▸ Exercise brief:
Copy out every line from the records that includes "length".

▸ Dataset records:

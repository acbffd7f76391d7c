-- ===== src/UserDb/Policy.antt =====
-- Which rows of the user database let whom in, said without the code of door_controller/user_db.c.
use osdp_roger_acs.Base.{
  ℕ, zero, suc, ◌+◌, ◌-◌, ◌/◌, ◌%◌, ◌≤◌, ◌<◌, ◌≡◌, ◌≢◌, ◌⊎◌, List, [], ◌∷◌, ◌++◌, Option, some,
}
use osdp_roger_acs.Base.{ltb, if◌then◌else◌, length, take}
use osdp_roger_acs.Door.{Text}
use osdp_roger_acs.Door.Auth.{mode_card, mode_pin, mode_card_and_pin, mode_card_and_pin_always}
use osdp_roger_acs.UserDb.{Row, Query, Libraries}

-- Two digits for each byte, after 9 with the letters from `letter` on.
abbrev digit_from : ℕ → ℕ → ℕ
digit_from letter d = if ltb d 10 then b'0' + d else letter + (d - 10)

abbrev pub two_digits : ℕ → List ℕ → Text
two_digits letter [] = []
two_digits letter (b ∷ bytes) =
    digit_from letter (b / 16) ∷ digit_from letter (b % 16) ∷ two_digits letter bytes

-- The MD5 sum of the digits of a PIN, in lower case.
abbrev pub pin_sum : Libraries → List ℕ → ℕ → Text
pin_sum lib pin pin_len = two_digits b'a' (take 16 (lib.md5 (take pin_len pin)))

-- The bytes of a card, in upper case. Without a card it is what the memory held.
abbrev pub card_name : Libraries → List ℕ → ℕ → Text
card_name lib card zero = lib.trash
card_name lib card (suc n) = two_digits b'A' (take (suc n) card)

-- The modes that ask for a card.
abbrev pub AsksCard : ℕ → Type 0
AsksCard mode = (mode ≡ mode_card) ⊎ (mode ≡ mode_card_and_pin) ⊎ (mode ≡ mode_card_and_pin_always)

-- The rows that are looked at: those of the door and of the sum of the PIN, or those of the door and of
-- the card. A card has at most 16 bytes, and the text of the query less than 500.
pub data AsksFor (lib : Libraries) (pin : List ℕ) (pin_len : ℕ) (card : List ℕ) (card_len mode : ℕ)
    (name : Text) : Query → Type 0 where
  for_pin :
      mode ≡ mode_pin
      → 268 + length name + length (pin_sum lib pin pin_len) < 500
      → AsksFor lib pin pin_len card card_len mode name
          (Query.by_pin name (pin_sum lib pin pin_len))
  for_card :
      AsksCard mode
      → card_len ≤ 16
      → 269 + length name + length (card_name lib card card_len) < 500
      → AsksFor lib pin pin_len card card_len mode name
          (Query.by_card name (card_name lib card card_len))

-- A row has the right PIN: in the mode that always asks for one, the sum of the PIN. In the mode
-- that asks for a card first, a row that may do without a PIN is let in, or one with an empty PIN.
pub record HasPin (lib : Libraries) (pin : List ℕ) (pin_len mode : ℕ) (row : Row) : Type 0 where
  pub always : mode ≡ mode_card_and_pin_always → row.user_pin ≡ some (pin_sum lib pin pin_len)
  pub card_first :
      mode ≡ mode_card_and_pin
      → (text : Text) × (row.user_pin ≡ some text) × ((text ≡ []) ⊎ (row.allow_no_pin ≡ 1))

-- No character of the text is a percent sign.
abbrev pub NoPercent : Text → Type 0
NoPercent [] = Unit
NoPercent (c ∷ cs) = (c ≢ b'%') × NoPercent cs

-- The subdoor of a row: 0 for a door whose name has no percent sign; else the number that the row's
-- name of the door has where the name has its first percent sign.
pub data AtSubdoor (lib : Libraries) (name : Text) (door : Option Text) (k : ℕ) : Type 0 where
  whole : NoPercent name → k ≡ 0 → AtSubdoor lib name door k
  numbered :
      (before after front number : Text)
      → NoPercent before
      → name ≡ before ++ b'%' ∷ after
      → door ≡ some (front ++ number)
      → length front ≡ length before
      → lib.atoi number ≡ some k
      → k < 32
      → AtSubdoor lib name door k

-- A row that has not expired and has the right PIN.
pub record LetsIn (lib : Libraries) (pin : List ℕ) (pin_len mode : ℕ) (row : Row) : Type 0 where
  pub current : row.curr_time ≤ row.expire
  pub has_pin : HasPin lib pin pin_len mode row

-- One of the rows has it.
abbrev pub SomeRow : (Row → Type 0) → List Row → Type 0
SomeRow P [] = ⊥
SomeRow P (row ∷ rows) = P row ⊎ SomeRow P rows

-- A row admits the credentials to subdoor `k` of the door.
pub record Admits (lib : Libraries) (pin : List ℕ) (pin_len : ℕ) (card : List ℕ) (card_len mode : ℕ)
    (name : Text) (k : ℕ) : Type 0 where
  pub query : Query
  pub asks : AsksFor lib pin pin_len card card_len mode name query
  pub row :
      SomeRow (λ r. LetsIn lib pin pin_len mode r × AtSubdoor lib name r.door k) (lib.query query)
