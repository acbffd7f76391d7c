-- ===== src/Door/Names.antt =====
-- `getDoorByName` of door_controller/door_controller.c: the doors by their names.
use osdp_roger_acs.Base.{ℕ, zero, suc, ◌≡◌, refl, inl, inr, some, arith}
use osdp_roger_acs.Base.{Bool-cases, true, [], ◌∷◌, ==_iff}
use osdp_roger_acs.Door.{Text, text_eq, Door, World, find_door, get_door_by_name}

pub text_eq-eq : (s t : Text) → text_eq s t ≡ true → s ≡ t
text_eq-eq [] [] h = refl
text_eq-eq [] (b ∷ t) h = absurd (ground arith)
text_eq-eq (a ∷ s) [] h = absurd (ground arith)
text_eq-eq (a ∷ s) (b ∷ t) h = ground (arith, text_eq-eq s t, ==_iff a b)

pub text_eq_refl : (s : Text) → text_eq s s ≡ true
text_eq_refl [] = refl
text_eq_refl (a ∷ s) = ground (arith, text_eq_refl s, ==_iff a a)

find_door-name :
    (doors : ℕ → Door) (n k i : ℕ) (name : Text)
    → find_door doors n k name ≡ some i
    → (doors i).door_name ≡ name
unfolding find_door
find_door-name doors zero k i name h = absurd (ground arith)
find_door-name doors (suc n) k i name h = elim (Bool-cases (text_eq (doors k).door_name name)) [
  | inl e ↦ ground (arith, text_eq-eq (doors k).door_name name e)
  | inr e ↦ find_door-name doors n (suc k) i name (rw e at h)
]

pub get_door_by_name-name :
    (w : World) (i : ℕ) (name : Text)
    → get_door_by_name w name ≡ some i
    → (w.doors i).door_name ≡ name
unfolding get_door_by_name
get_door_by_name-name w i name h = find_door-name w.doors w.doors_count 0 i name h

find_door-same :
    (ds es : ℕ → Door) (n k : ℕ) (name : Text)
    → ((j : ℕ) → (es j).door_name ≡ (ds j).door_name)
    → find_door es n k name ≡ find_door ds n k name
unfolding find_door
find_door-same ds es zero k name h = refl
find_door-same ds es (suc n) k name h = rw (h k, find_door-same ds es n (suc k) name h)

-- The doors are found by their names alone.
pub get_door_by_name-same :
    (w w' : World) (name : Text)
    → w'.doors_count ≡ w.doors_count
    → ((j : ℕ) → (w'.doors j).door_name ≡ (w.doors j).door_name)
    → get_door_by_name w' name ≡ get_door_by_name w name
unfolding get_door_by_name
get_door_by_name-same w w' name e h = rw e (find_door-same w.doors w'.doors w.doors_count 0 name h)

▸ Answer below:
use osdp_roger_acs.Base.{ltb, if◌then◌else◌, length, take}
      → 268 + length name + length (pin_sum lib pin pin_len) < 500
      → 269 + length name + length (card_name lib card card_len) < 500
      → length front ≡ length before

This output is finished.